--- Extracted material ---

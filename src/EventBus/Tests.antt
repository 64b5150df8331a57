-- ===== src/EventBus/Tests.antt =====
-- Runs of the event bus on small queues.
use modbus_vault.Base.{
  ℕ, ◌≡◌, refl, true, false, List, [], ◌∷◌, ◌++◌, Option, none, some, arith, replicate,
}
use modbus_vault.Base.Words.{write32}
use modbus_vault.Rtos.Bounded.{Bounded, bounded, bounded-IsQueue}
use modbus_vault.EventBus.{
  Bus, Subscriber, Task, task_round, event_error, empty_slot, data_of, drain, receive_event,
  dispatch, deliver,
}
use modbus_vault.EventBus.Calls.{all_calls, events, make, task_round-calls}

-- A subscriber that notes the payloads that it sees.
abbrev note_payload : ℕ → ℕ → List ℕ → List ℕ → List ℕ
unfolding data_of
note_payload cb ctx event seen = seen ++ cb ∷ ctx ∷ data_of event ∷ []

abbrev queue_of : List (List ℕ) → Bounded (List ℕ)
queue_of items = record { items = items; capacity = 3 }

abbrev two_subscribers : List (Subscriber ℕ)
two_subscribers =
    record { event_type = event_error; cb = some 70; ctx = 1 }
    ∷ record { event_type = 9; cb = some 71; ctx = 2 }
    ∷ replicate 6 empty_slot

abbrev bus_of : List (List ℕ) → Bus (Bounded (List ℕ)) ℕ
bus_of items = record {
  event_queue = some (queue_of items);
  item_size = 4;
  subscribers = two_subscribers;
  has_event_bit = true;
  has_stop_bit = false;
  has_task = true;
}

-- The local variable of the task, with the payload 5.
abbrev waiting : Task (List ℕ)
waiting = record { event = write32 7 ++ write32 5 ++ replicate 16 0; world = [] }

abbrev two_items : List (List ℕ)
two_items = write32 0 ∷ write32 9 ∷ []

-- Each subscriber saw the event of its type.
seen_by : Option (Bus (Bounded (List ℕ)) ℕ × Task (List ℕ)) → List ℕ
seen_by none = []
seen_by (some r) = r.1.world

both_seen :
    seen_by (task_round bounded note_payload 3 (bus_of two_items) waiting)
    ≡ 70 ∷ 1 ∷ 5 ∷ 71 ∷ 2 ∷ 5 ∷ []
unfolding task_round seen_by drain bounded receive_event dispatch deliver note_payload
both_seen = refl

task_round-calls_example :
    (q' : Bounded (List ℕ)) × (t' : Task (List ℕ)) × (task_round bounded note_payload 3
        (bus_of two_items)
        waiting
      ≡ some (record (bus_of two_items) { event_queue = some q'; has_event_bit = false }, t'))
    × (q'.items ≡ [])
    × (t'.world ≡ make note_payload (all_calls two_subscribers (events waiting.event two_items)) [])
unfolding bounded-IsQueue
task_round-calls_example =
    task_round-calls bounded note_payload bounded-IsQueue 3 (bus_of two_items) (queue_of two_items)
      waiting refl refl (omega arith)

---

No line should appear in the answer except those from the one containing "unfolding bounded-IsQueue" through the last line of the listing, each retyped exactly.

§ **Solution for this problem**:
unfolding bounded-IsQueue
task_round-calls_example =
    task_round-calls bounded note_payload bounded-IsQueue 3 (bus_of two_items) (queue_of two_items)
      waiting refl refl (omega arith)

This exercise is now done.